## Data in this exercise
"""

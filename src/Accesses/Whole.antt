-- ===== src/Accesses/Whole.antt =====
-- A consumer that nobody interrupts: its accesses for a packet, one after the other, are those of
-- `Assemble`.
use dpdk_udp_receiver.Common.{
  ℕ, zero, suc, ◌≡◌, ◌≢◌, ◌∙◌, refl, sym, ap, Bool-cases, Option, Option-cases, none, some, inl,
  inr, Result, ok, fault, panic, ◌>>=◌, update, update_self, ◌==◌, true, if◌then◌else◌,
}
use mathlib.Core.Path.{fun_ext, ◌≡⟨◌⟩◌, ◌∎}
use dpdk_udp_receiver.Dpdk.{Dpdk}
use dpdk_udp_receiver.Channel.{Config, Packet, Frame, Channel, pack_num}
use dpdk_udp_receiver.Assemble.{
  Consumer, up, copy_packet, open_frame, fill_frame, take_frame, open_tmp, assemble,
}
use dpdk_udp_receiver.Accesses.{
  Point, away, asks, gets, opens, announces, fills, adds, Taking, add_one, through, new_frame, ask,
  get_frame, open_new, announce, access_at, consumer_access,
}
use dpdk_udp_receiver.Accesses.Slots.{through-some}

-- A slot that is written twice holds what was written last.
pub update-update {ℓ} :
    {A : Type ℓ} (f : ℕ → A) (i : ℕ) (v w : A) → update (update f i v) i w ≡ update f i w
update-update f i v w =
    fun_ext λ j. elim (Bool-cases (i == j)) [ inl e ↦ rw e refl | inr e ↦ rw e refl ]

module _ (cfg : Config) (d : Dpdk) where
  -- The accesses of the consumer until it has done with its packet, `n` at most.
  unfoldable pub consumer_alone : ℕ → Channel d × Taking → Result (Channel d × Taking)
  consumer_alone zero s = ok s
  consumer_alone (suc n) (c, t) = elim t.place [
    | away ↦ ok (c, t)
    | _ ↦ consumer_access cfg d (c, t) >>= consumer_alone n
  ]

  abbrev pub at : Point → Packet → Consumer → Taking
  at l p k = record { place = l; packet = p; locals = k }

  abbrev pub done : Packet → Channel d × Consumer → Result (Channel d × Taking)
  done p s = ok (s.0, at away p s.1)

  alone_busy :
      (n : ℕ) (l : Point) (c : Channel d) (p : Packet) (k : Consumer)
      (r : Result (Channel d × Taking))
      → l ≢ away
      → access_at cfg d l (c, at l p k) ≡ r
      → consumer_alone (suc n) (c, at l p k) ≡ (r >>= consumer_alone n)
  unfolding consumer_alone consumer_access
  alone_busy n away c p k r busy e = absurd (busy refl)
  alone_busy n asks c p k r busy e = ap (λ z. z >>= consumer_alone n) e
  alone_busy n gets c p k r busy e = ap (λ z. z >>= consumer_alone n) e
  alone_busy n opens c p k r busy e = ap (λ z. z >>= consumer_alone n) e
  alone_busy n announces c p k r busy e = ap (λ z. z >>= consumer_alone n) e
  alone_busy n fills c p k r busy e = ap (λ z. z >>= consumer_alone n) e
  alone_busy n adds c p k r busy e = ap (λ z. z >>= consumer_alone n) e

  alone_done :
      (n : ℕ) (c : Channel d) (p : Packet) (k : Consumer)
      → consumer_alone n (c, at away p k) ≡ ok (c, at away p k)
  unfolding consumer_alone
  alone_done zero c p k = refl
  alone_done (suc n) c p k = refl

  through_lem :
      (s f : ℕ) (c : Channel d) (write : Frame → Result Frame)
      → c.index s ≡ some f
      → through d s write c
        ≡ (write (c.frames f) >>= λ g. ok (record c { frames = update c.frames f g }))
  unfolding through
  through_lem s f c write has = rw (has, through) refl

  add_alone :
      (p : Packet) (f : ℕ) (g : Frame) (c : Channel d) (k : Consumer)
      → c.index p.frame_seq ≡ some f
      → consumer_alone 2 (record c { frames = update c.frames f g }, at adds p k)
        ≡ done p (record c { frames = update c.frames f (record g { count = up g.count }) }, k)
  unfolding access_at add_one
  add_alone p f g c k has =
      let c' : Channel d = record c { frames = update c.frames f g } in
      let g' : Frame = record (c'.frames f) { count = up (c'.frames f).count } in
      consumer_alone 2 (c', at adds p k)
      ≡⟨ alone_busy 1 adds c' p k _ (λ e. cc)
          (ap (λ z. z >>= λ (x : Channel d). ok (x, at away p k))
            (through-some d c' p.frame_seq f add_one g' has refl)) ⟩
        consumer_alone 1 (record c { frames = update c'.frames f g' }, at away p k)
      ≡⟨ alone_done 1 _ p k ⟩ done p (record c { frames = update c'.frames f g' }, k)
      ≡⟨ ap (λ (v : ℕ → Frame). done p (record c { frames = v }, k))
          (update-update c.frames f g g') ⟩
        done p (record c { frames = update c.frames f g' }, k)
      ≡⟨ ap
          (λ (v : Frame).
            done p (record c { frames = update c.frames f (record v { count = up v.count }) }, k))
          (update_self c.frames f g) ⟩
        done p (record c { frames = update c.frames f (record g { count = up g.count }) }, k) ∎

  filled_alone :
      (p : Packet) (f : ℕ) (c : Channel d) (k : Consumer) (r : Result Frame)
      → c.index p.frame_seq ≡ some f
      → (r
          >>= (λ g. ok (record c { frames = update c.frames f g }))
          >>= (λ c'. ok (c', at adds p k))
          >>= consumer_alone 2)
        ≡ (r
            >>= (λ g.
                ok (record c { frames = update c.frames f (record g { count = up g.count }) }))
            >>= (λ c'. done p (c', k)))
  filled_alone p f c k fault has = refl
  filled_alone p f c k panic has = refl
  filled_alone p f c k (ok g) has = add_alone p f g c k has

  fill_alone :
      (p : Packet) (f : ℕ) (c : Channel d) (k : Consumer)
      → c.index p.frame_seq ≡ some f
      → consumer_alone 3 (c, at fills p k) ≡ (fill_frame cfg d p f c >>= λ c'. done p (c', k))
  unfolding fill_frame access_at
  fill_alone p f c k has =
      alone_busy 2 fills c p k _ (λ q. cc)
        (ap (λ z. z >>= λ (x : Channel d). ok (x, at adds p k))
          (through_lem p.frame_seq f c (copy_packet p) has))
      ∙ filled_alone p f c k (copy_packet p (c.frames f)) has

  announce_alone :
      (p : Packet) (f : ℕ) (c : Channel d) (k : Consumer)
      → c.index p.frame_seq ≡ some f
      → consumer_alone 1 (c, at announces p k)
        ≡ done p (record c { ring2_3 = (d.enqueue f c.ring2_3).1 }, k)
  unfolding announce access_at
  announce_alone p f c k has =
      alone_busy 0 announces c p k
        (ok (record c { ring2_3 = (d.enqueue f c.ring2_3).1 }, at away p k)) (λ q. cc)
        (rw (has, announce) refl)
      ∙ alone_done 0 _ p k

  opened_alone :
      (p : Packet) (f : ℕ) (c : Channel d) (k : Consumer) (r : Result Frame)
      → (v : Frame → Frame)
      → (r
          >>= (λ g. ok (record c {
            index = update c.index p.frame_seq (some f);
            frames = update c.frames f (v g);
          }))
          >>= (λ c'. ok (c', at announces p k))
          >>= consumer_alone 1)
        ≡ (r
            >>= (λ g. ok (record c {
              index = update c.index p.frame_seq (some f);
              frames = update c.frames f (v g);
              ring2_3 = (d.enqueue f c.ring2_3).1;
            }))
            >>= (λ c'. done p (c', k)))
  opened_alone p f c k fault v = refl
  opened_alone p f c k panic v = refl
  opened_alone p f c k (ok g) v =
      announce_alone p f
        (record c { index = update c.index p.frame_seq (some f); frames = update c.frames f (v g) })
        k (update_self c.index p.frame_seq (some f))

  open_new-some :
      (p : Packet) (f : ℕ) (c : Channel d) (k : Consumer)
      → k.tmp_frame ≡ some f
      → open_new cfg d (c, at opens p k)
        ≡ (new_frame cfg d p f c >>= λ c'. ok (c', at announces p k))
  unfolding open_new
  open_new-some p f c k is = simp is

  open_alone :
      (p : Packet) (f : ℕ) (c : Channel d) (k : Consumer)
      → k.tmp_frame ≡ some f
      → consumer_alone 2 (c, at opens p k) ≡ (open_frame cfg d p f c >>= λ c'. done p (c', k))
  unfolding open_frame new_frame access_at
  open_alone p f c k is =
      alone_busy 1 opens c p k (new_frame cfg d p f c >>= λ c'. ok (c', at announces p k)) (λ q. cc)
        (open_new-some p f c k is)
      ∙ opened_alone p f c k (copy_packet p (record (c.frames f) { count = up (c.frames f).count }))
          (λ g. record g {
            packet_num = pack_num;
            frame_seq = p.frame_seq;
            flags = if cfg.drop then update g.flags p.packet_seq true else g.flags;
          })

  regroup :
      (p : Packet) (k : Consumer) (r : Result (Channel d))
      → (r >>= (λ c'. ok (c', k)) >>= done p) ≡ (r >>= λ c'. done p (c', k))
  regroup p k fault = refl
  regroup p k panic = refl
  regroup p k (ok c') = refl

  open_tmp-some :
      (p : Packet) (f : ℕ) (c : Channel d) (k : Consumer)
      → k.tmp_frame ≡ some f
      → (open_tmp cfg d p (c, k) >>= done p) ≡ (open_frame cfg d p f c >>= λ c'. done p (c', k))
  unfolding open_tmp
  open_tmp-some p f c k is = simp is (regroup p k (open_frame cfg d p f c))

  got_alone :
      (p : Packet) (c : Channel d) (k : Consumer) (o : Option ℕ)
      → (take_frame cfg d (c, k)).1.tmp_frame ≡ o
      → consumer_alone 3 (c, at gets p k) ≡ (open_tmp cfg d p (take_frame cfg d (c, k)) >>= done p)
  unfolding get_frame open_tmp access_at
  got_alone p c k none is =
      alone_busy 2 gets c p k panic (λ q. cc) (rw (is, get_frame) refl) ∙ rw (is, open_tmp) refl
  got_alone p c k (some f) is =
      let s = take_frame cfg d (c, k) in
      alone_busy 2 gets c p k (ok (s.0, at opens p s.1)) (λ q. cc) (rw (is, get_frame) refl)
      ∙ open_alone p f s.0 s.1 is
      ∙ sym (open_tmp-some p f s.0 s.1 is)

  -- The accesses of the consumer for a packet, uninterrupted, are `assemble`.
  pub consumer_alone-assemble :
      (p : Packet) (c : Channel d) (k : Consumer)
      → consumer_alone 4 (c, at asks p k) ≡ (assemble cfg d p (c, k) >>= done p)
  unfolding assemble ask access_at
  consumer_alone-assemble p c k = elim (Option-cases (c.index p.frame_seq)) [
    | inl empty ↦
        alone_busy 3 asks c p k (ok (c, at gets p k)) (λ q. cc) (rw (empty, ask) refl)
        ∙ got_alone p c k (take_frame cfg d (c, k)).1.tmp_frame refl
        ∙ rw (empty, assemble) refl
    | inr (f, has) ↦
        alone_busy 3 asks c p k (ok (c, at fills p k)) (λ q. cc) (rw (has, ask) refl)
        ∙ fill_alone p f c k has
        ∙ rw (has, assemble) (sym (regroup p k (fill_frame cfg d p f c)))
  ]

"""

## Task details
Copy out only the lines above from the one with "done p s = ok (s.0, at away p s.1)" to the one with "at l p k) ≡ r", inclusive, exactly as they stand.

## Exercise solution
  done p s = ok (s.0, at away p s.1)

  alone_busy :
      (n : ℕ) (l : Point) (c : Channel d) (p : Packet) (k : Consumer)
      (r : Result (Channel d × Taking))
      → l ≢ away
      → access_at cfg d l (c, at l p k) ≡ r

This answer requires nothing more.